● **ACTIVITY**:
Where the records below reach the line containing "Numbered number n (x", start transcribing, and end with the line containing "-- A grammar", exactly and with nothing else added.
--- MATERIAL TO PROCESS Enclosed Below ---
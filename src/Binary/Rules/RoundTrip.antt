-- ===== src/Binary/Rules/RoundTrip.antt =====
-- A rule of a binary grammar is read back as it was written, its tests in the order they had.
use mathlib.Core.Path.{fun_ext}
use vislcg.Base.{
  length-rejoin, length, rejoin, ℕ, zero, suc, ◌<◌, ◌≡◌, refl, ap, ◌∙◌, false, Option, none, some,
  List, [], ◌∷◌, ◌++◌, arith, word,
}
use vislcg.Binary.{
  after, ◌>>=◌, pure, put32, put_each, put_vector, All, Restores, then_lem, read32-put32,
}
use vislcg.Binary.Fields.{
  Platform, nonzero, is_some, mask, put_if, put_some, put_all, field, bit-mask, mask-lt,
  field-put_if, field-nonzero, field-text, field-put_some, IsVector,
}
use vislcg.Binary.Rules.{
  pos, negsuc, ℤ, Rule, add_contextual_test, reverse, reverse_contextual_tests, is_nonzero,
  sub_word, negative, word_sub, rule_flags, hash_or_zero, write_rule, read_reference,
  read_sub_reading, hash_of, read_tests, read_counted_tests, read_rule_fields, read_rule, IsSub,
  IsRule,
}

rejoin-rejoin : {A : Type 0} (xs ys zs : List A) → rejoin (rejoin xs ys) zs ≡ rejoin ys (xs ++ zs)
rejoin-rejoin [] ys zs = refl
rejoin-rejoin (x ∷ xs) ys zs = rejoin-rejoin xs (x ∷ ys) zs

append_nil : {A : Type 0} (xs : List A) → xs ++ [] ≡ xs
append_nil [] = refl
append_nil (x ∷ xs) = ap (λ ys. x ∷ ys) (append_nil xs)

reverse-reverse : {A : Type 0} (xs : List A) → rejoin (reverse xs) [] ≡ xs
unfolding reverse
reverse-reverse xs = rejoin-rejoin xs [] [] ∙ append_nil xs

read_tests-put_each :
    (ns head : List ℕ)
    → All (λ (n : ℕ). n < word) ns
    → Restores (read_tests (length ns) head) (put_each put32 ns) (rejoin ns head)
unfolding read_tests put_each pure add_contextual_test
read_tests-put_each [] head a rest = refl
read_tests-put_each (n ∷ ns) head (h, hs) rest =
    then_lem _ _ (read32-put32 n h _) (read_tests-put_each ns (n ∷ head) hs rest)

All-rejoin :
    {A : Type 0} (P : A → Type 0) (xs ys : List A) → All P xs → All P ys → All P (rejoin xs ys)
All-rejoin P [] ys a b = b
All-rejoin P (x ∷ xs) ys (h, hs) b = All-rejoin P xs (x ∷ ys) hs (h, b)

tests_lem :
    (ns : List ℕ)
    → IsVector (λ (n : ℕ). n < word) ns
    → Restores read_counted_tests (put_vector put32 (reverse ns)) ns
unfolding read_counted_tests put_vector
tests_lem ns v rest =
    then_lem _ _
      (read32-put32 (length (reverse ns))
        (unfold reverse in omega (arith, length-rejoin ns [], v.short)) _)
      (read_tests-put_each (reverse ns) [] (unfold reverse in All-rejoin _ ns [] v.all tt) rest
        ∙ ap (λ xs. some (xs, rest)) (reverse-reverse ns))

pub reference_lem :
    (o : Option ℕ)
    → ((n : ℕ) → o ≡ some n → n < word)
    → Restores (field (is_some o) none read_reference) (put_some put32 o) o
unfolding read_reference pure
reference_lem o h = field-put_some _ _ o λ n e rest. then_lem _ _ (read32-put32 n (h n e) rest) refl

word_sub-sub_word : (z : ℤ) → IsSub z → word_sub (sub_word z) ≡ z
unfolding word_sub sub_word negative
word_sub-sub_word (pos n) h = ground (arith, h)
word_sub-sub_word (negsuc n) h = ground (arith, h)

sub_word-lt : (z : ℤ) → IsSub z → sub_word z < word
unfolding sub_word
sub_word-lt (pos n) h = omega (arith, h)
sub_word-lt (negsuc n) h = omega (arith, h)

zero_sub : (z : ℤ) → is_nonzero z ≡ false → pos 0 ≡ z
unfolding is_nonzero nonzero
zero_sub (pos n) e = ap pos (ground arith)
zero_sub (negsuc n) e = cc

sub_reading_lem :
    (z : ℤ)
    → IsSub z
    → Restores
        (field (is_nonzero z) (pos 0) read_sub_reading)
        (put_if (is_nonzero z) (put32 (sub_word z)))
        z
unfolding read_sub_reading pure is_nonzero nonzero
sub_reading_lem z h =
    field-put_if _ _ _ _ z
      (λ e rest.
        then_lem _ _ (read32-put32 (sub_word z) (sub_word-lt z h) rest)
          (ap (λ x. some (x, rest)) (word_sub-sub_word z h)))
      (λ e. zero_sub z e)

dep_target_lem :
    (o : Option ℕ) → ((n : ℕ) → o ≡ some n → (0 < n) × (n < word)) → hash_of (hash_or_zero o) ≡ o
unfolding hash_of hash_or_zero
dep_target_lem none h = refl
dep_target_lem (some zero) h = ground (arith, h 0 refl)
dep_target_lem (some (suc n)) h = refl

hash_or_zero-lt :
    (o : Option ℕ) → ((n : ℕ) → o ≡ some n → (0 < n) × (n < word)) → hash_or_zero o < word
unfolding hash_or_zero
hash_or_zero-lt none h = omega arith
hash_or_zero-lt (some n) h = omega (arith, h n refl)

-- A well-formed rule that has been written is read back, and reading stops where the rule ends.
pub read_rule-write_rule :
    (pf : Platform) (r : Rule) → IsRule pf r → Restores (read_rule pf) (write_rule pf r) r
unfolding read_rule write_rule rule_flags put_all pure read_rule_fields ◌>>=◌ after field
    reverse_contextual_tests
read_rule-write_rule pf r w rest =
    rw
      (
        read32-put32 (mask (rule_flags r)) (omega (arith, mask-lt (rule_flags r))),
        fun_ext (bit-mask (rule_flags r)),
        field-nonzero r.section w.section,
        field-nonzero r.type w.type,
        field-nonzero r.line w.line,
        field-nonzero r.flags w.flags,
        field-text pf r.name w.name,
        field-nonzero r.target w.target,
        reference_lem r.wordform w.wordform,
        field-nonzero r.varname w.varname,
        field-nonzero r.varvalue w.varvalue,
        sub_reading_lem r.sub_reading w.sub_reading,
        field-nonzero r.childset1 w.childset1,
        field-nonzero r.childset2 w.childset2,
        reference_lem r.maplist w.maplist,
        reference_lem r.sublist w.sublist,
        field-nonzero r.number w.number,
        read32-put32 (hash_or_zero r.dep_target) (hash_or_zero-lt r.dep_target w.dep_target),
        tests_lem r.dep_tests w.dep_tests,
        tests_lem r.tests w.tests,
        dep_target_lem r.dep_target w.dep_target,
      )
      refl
--- End of Enclosed MATERIAL TO PROCESS ---
--- MATERIAL TO PROCESS Enclosed Below ---
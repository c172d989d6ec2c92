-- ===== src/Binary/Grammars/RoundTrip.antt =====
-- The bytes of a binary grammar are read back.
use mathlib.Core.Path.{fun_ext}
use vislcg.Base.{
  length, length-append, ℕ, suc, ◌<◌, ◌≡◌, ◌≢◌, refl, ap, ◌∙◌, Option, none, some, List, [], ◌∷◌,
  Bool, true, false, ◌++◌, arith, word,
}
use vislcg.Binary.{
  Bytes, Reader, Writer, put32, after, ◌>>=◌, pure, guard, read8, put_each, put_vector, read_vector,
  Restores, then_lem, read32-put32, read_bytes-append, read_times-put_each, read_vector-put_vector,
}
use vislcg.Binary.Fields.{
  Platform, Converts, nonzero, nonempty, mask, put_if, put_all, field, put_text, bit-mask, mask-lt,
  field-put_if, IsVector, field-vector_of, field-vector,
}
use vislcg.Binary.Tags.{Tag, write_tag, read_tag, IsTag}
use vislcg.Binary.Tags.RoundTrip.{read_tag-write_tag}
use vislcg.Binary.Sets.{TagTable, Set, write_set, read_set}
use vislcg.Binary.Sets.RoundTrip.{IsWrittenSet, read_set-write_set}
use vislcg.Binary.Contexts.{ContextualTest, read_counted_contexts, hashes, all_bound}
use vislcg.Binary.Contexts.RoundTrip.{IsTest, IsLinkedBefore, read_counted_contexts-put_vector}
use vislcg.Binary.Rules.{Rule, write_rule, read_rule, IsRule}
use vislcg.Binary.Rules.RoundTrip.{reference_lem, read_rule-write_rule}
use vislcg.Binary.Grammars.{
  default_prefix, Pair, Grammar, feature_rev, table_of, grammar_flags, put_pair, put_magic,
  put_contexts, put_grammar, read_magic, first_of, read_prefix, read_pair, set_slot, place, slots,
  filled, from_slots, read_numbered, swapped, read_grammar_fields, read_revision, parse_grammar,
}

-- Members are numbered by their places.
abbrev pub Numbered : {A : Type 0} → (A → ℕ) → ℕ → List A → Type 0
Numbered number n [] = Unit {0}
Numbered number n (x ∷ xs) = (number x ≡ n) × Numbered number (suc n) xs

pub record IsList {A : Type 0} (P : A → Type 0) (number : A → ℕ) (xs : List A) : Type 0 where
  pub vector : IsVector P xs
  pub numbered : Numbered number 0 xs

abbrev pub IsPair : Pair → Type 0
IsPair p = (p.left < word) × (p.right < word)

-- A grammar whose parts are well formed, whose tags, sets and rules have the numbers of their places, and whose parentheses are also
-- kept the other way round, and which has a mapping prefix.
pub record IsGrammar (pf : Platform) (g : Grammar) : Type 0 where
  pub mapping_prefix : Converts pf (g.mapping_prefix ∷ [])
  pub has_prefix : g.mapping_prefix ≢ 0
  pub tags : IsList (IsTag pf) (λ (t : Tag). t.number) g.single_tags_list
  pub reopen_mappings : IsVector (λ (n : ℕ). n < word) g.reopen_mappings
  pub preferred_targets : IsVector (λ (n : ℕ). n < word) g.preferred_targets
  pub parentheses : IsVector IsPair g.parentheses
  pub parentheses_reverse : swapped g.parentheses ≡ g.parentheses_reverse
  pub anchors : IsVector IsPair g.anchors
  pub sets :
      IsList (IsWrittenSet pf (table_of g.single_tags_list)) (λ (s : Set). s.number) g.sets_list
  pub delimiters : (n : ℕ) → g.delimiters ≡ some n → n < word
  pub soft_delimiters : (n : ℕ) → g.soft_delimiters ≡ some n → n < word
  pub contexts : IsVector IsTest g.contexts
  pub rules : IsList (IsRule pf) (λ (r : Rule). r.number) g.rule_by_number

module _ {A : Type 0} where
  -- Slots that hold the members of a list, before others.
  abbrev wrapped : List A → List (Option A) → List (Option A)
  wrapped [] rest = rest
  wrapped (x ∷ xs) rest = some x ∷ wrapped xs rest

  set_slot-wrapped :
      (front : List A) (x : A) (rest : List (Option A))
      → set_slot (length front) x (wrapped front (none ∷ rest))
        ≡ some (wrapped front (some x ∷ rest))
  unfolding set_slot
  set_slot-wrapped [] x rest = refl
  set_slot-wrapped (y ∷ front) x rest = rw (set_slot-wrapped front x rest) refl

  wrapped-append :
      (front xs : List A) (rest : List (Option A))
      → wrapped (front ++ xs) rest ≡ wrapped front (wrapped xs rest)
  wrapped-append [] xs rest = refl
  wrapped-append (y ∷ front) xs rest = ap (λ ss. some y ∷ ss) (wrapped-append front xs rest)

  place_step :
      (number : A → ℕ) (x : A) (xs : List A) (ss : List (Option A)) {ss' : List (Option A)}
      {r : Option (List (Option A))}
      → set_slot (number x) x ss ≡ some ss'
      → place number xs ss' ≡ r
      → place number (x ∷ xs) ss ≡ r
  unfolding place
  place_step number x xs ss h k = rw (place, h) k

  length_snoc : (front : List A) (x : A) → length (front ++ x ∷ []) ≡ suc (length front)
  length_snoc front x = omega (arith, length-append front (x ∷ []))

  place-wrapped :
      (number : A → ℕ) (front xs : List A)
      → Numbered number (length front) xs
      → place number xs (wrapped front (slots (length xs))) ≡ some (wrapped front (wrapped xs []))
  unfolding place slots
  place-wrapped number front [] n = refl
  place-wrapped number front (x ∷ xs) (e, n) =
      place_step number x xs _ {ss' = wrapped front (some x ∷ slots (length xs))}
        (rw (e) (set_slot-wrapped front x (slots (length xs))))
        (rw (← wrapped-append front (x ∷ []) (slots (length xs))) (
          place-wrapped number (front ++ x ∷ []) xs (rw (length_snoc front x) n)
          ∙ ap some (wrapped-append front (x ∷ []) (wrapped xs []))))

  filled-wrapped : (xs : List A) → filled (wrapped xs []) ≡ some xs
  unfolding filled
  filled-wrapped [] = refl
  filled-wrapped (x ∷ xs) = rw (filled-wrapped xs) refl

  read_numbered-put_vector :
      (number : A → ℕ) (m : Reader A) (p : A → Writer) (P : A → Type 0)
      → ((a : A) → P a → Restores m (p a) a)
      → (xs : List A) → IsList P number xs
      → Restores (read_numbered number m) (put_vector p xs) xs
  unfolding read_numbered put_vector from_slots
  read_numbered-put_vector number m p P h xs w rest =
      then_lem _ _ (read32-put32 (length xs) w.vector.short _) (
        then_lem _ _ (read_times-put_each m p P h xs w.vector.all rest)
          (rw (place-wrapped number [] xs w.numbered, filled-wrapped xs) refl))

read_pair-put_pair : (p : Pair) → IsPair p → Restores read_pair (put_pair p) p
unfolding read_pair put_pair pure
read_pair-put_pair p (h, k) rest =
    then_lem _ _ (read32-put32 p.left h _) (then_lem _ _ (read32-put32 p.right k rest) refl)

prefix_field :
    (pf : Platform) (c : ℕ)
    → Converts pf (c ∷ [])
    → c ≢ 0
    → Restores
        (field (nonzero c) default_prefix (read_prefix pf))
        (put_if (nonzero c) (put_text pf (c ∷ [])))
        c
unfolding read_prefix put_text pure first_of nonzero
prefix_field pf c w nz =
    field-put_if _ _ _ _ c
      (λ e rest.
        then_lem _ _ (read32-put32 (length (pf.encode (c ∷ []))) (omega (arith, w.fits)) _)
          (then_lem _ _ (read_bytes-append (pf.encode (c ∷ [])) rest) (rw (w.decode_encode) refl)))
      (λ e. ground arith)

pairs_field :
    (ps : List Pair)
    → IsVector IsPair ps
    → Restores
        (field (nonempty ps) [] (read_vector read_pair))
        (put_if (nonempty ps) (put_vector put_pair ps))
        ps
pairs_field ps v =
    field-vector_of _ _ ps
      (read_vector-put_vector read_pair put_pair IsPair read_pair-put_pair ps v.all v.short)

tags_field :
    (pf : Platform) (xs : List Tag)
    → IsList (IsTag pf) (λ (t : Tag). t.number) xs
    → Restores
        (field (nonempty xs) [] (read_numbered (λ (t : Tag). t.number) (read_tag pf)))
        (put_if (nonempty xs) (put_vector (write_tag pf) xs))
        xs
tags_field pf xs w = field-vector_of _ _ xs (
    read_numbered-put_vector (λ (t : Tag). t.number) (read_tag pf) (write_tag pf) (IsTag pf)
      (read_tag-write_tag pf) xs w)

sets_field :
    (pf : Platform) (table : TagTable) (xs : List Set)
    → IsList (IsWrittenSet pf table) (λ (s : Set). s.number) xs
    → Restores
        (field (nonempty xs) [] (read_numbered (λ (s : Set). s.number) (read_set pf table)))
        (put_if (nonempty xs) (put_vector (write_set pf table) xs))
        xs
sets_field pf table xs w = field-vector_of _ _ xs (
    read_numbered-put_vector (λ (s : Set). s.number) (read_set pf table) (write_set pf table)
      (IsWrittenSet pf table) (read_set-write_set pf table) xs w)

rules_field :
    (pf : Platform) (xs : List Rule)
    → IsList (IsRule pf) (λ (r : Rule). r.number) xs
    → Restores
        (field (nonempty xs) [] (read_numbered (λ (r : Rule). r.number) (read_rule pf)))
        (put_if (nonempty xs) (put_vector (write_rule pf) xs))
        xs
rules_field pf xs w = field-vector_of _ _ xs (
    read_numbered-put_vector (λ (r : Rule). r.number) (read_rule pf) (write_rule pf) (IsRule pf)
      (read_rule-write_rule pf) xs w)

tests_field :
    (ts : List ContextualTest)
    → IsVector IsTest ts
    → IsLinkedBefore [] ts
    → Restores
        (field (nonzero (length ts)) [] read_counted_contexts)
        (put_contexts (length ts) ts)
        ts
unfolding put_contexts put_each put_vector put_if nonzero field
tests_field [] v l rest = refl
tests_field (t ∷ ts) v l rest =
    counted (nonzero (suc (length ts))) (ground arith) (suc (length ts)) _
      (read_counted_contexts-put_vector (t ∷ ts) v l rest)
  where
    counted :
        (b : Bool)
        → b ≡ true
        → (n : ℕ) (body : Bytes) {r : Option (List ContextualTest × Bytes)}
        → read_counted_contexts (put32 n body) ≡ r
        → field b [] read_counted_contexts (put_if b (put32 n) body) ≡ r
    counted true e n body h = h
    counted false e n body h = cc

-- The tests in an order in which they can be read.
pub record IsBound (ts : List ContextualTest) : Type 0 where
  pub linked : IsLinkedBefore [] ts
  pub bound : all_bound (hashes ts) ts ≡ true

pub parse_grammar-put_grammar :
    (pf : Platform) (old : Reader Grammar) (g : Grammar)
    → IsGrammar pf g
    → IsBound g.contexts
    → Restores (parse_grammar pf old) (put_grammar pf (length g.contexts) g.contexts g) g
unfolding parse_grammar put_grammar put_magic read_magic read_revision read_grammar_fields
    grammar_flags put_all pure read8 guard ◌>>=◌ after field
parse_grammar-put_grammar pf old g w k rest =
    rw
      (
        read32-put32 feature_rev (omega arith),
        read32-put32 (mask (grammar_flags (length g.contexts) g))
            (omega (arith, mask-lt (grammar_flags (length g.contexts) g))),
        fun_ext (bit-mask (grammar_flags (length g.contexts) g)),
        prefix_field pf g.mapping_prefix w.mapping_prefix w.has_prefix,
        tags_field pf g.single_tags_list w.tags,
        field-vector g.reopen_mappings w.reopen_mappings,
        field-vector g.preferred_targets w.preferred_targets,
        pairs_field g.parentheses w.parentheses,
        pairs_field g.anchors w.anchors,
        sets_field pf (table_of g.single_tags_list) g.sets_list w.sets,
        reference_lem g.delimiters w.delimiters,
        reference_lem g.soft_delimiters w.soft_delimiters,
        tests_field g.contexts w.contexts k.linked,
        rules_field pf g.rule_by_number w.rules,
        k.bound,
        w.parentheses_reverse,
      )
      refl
--- End of Enclosed MATERIAL TO PROCESS ---
--- MATERIAL TO PROCESS Enclosed Below ---
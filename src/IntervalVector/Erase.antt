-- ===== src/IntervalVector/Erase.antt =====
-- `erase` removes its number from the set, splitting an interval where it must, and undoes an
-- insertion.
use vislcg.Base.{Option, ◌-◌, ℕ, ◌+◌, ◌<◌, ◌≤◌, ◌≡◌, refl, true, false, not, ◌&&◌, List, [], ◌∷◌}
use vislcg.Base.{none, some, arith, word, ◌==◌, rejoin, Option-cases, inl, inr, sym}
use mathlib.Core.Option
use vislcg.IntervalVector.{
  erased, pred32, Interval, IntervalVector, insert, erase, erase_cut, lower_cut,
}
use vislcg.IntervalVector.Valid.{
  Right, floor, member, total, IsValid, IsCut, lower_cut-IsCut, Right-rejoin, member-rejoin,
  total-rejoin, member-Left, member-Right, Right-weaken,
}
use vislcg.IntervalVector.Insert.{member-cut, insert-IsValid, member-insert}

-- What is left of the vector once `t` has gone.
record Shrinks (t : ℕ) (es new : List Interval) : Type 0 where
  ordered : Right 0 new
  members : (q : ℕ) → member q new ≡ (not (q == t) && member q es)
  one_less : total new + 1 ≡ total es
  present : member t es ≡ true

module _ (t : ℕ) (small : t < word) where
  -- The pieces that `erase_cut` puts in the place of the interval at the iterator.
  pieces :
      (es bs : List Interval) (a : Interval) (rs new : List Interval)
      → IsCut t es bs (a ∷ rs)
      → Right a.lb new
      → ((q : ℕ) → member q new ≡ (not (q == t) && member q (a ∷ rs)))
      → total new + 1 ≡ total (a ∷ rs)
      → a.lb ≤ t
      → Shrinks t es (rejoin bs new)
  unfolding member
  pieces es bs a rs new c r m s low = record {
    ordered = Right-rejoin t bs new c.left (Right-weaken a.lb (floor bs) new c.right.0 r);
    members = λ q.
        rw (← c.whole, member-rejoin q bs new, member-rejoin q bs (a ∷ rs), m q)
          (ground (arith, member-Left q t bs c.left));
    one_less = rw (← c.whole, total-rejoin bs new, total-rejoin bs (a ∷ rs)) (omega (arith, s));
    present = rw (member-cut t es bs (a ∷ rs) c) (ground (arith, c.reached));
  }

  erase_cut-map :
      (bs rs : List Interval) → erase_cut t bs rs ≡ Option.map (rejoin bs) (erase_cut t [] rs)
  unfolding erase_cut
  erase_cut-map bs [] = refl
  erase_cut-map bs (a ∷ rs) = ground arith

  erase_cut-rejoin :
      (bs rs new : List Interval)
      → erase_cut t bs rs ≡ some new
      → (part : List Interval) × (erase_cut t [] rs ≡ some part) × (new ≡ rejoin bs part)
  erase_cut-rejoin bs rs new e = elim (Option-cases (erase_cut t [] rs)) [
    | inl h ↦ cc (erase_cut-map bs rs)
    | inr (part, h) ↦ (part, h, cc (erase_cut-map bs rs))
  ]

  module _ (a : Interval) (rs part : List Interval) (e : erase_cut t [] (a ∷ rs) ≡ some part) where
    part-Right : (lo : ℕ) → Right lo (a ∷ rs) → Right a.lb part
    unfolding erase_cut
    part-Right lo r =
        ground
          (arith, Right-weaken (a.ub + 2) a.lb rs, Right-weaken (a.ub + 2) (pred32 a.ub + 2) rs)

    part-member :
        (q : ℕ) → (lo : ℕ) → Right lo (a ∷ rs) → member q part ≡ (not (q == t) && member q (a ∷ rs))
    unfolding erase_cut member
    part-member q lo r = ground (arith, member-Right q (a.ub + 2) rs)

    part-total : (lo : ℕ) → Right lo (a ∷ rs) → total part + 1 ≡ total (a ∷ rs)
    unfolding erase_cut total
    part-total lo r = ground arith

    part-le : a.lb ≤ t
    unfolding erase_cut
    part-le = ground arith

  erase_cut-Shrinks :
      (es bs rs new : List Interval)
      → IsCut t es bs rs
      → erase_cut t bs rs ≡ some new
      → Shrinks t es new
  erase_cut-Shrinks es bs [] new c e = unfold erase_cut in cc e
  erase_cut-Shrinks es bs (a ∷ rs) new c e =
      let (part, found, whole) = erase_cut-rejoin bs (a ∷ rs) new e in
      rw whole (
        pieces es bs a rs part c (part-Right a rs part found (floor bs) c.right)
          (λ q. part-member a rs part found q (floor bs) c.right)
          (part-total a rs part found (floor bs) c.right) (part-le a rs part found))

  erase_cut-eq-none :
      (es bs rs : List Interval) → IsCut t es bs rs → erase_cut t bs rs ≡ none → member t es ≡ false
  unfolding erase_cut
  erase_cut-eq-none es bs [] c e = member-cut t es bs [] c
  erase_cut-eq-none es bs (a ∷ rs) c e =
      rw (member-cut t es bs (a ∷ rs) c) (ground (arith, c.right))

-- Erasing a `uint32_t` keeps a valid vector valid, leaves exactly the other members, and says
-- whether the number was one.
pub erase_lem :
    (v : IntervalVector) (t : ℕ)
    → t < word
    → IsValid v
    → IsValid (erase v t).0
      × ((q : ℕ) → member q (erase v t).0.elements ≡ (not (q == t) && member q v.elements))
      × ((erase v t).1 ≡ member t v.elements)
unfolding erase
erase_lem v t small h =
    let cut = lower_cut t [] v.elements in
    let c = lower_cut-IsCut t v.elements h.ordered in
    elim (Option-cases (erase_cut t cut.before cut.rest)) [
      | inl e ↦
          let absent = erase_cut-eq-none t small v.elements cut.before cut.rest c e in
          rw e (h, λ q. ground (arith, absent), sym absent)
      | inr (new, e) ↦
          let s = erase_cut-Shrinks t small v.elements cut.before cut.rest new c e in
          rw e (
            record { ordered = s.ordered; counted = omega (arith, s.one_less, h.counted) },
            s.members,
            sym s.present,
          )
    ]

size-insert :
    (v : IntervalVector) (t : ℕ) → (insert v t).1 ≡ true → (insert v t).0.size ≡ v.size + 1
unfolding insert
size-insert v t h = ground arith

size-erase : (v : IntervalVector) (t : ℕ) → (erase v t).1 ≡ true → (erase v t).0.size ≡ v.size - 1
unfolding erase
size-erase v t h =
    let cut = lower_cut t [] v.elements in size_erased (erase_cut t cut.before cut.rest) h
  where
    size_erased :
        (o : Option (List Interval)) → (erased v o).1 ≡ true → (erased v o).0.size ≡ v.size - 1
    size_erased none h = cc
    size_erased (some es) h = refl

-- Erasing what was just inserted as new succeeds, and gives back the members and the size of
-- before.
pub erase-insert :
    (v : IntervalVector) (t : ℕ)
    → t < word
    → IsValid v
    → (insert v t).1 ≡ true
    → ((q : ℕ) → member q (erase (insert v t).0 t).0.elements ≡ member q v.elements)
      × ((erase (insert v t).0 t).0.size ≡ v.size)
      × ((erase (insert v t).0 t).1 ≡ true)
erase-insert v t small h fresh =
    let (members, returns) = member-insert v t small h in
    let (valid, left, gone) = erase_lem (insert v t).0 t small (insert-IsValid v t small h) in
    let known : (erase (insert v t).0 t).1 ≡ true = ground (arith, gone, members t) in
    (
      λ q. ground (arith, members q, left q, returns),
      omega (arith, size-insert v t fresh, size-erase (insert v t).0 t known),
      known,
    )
--- End of Enclosed MATERIAL TO PROCESS ---
● **EXPECTED OUTPUT**:
Numbered number n (x ∷ xs) = (number x ≡ n) × Numbered number (suc n) xs

pub record IsList {A : Type 0} (P : A → Type 0) (number : A → ℕ) (xs : List A) : Type 0 where
  pub vector : IsVector P xs
  pub numbered : Numbered number 0 xs

abbrev pub IsPair : Pair → Type 0
IsPair p = (p.left < word) × (p.right < word)

-- A grammar whose parts are well formed, whose tags, sets and rules have the numbers of their places, and whose parentheses are also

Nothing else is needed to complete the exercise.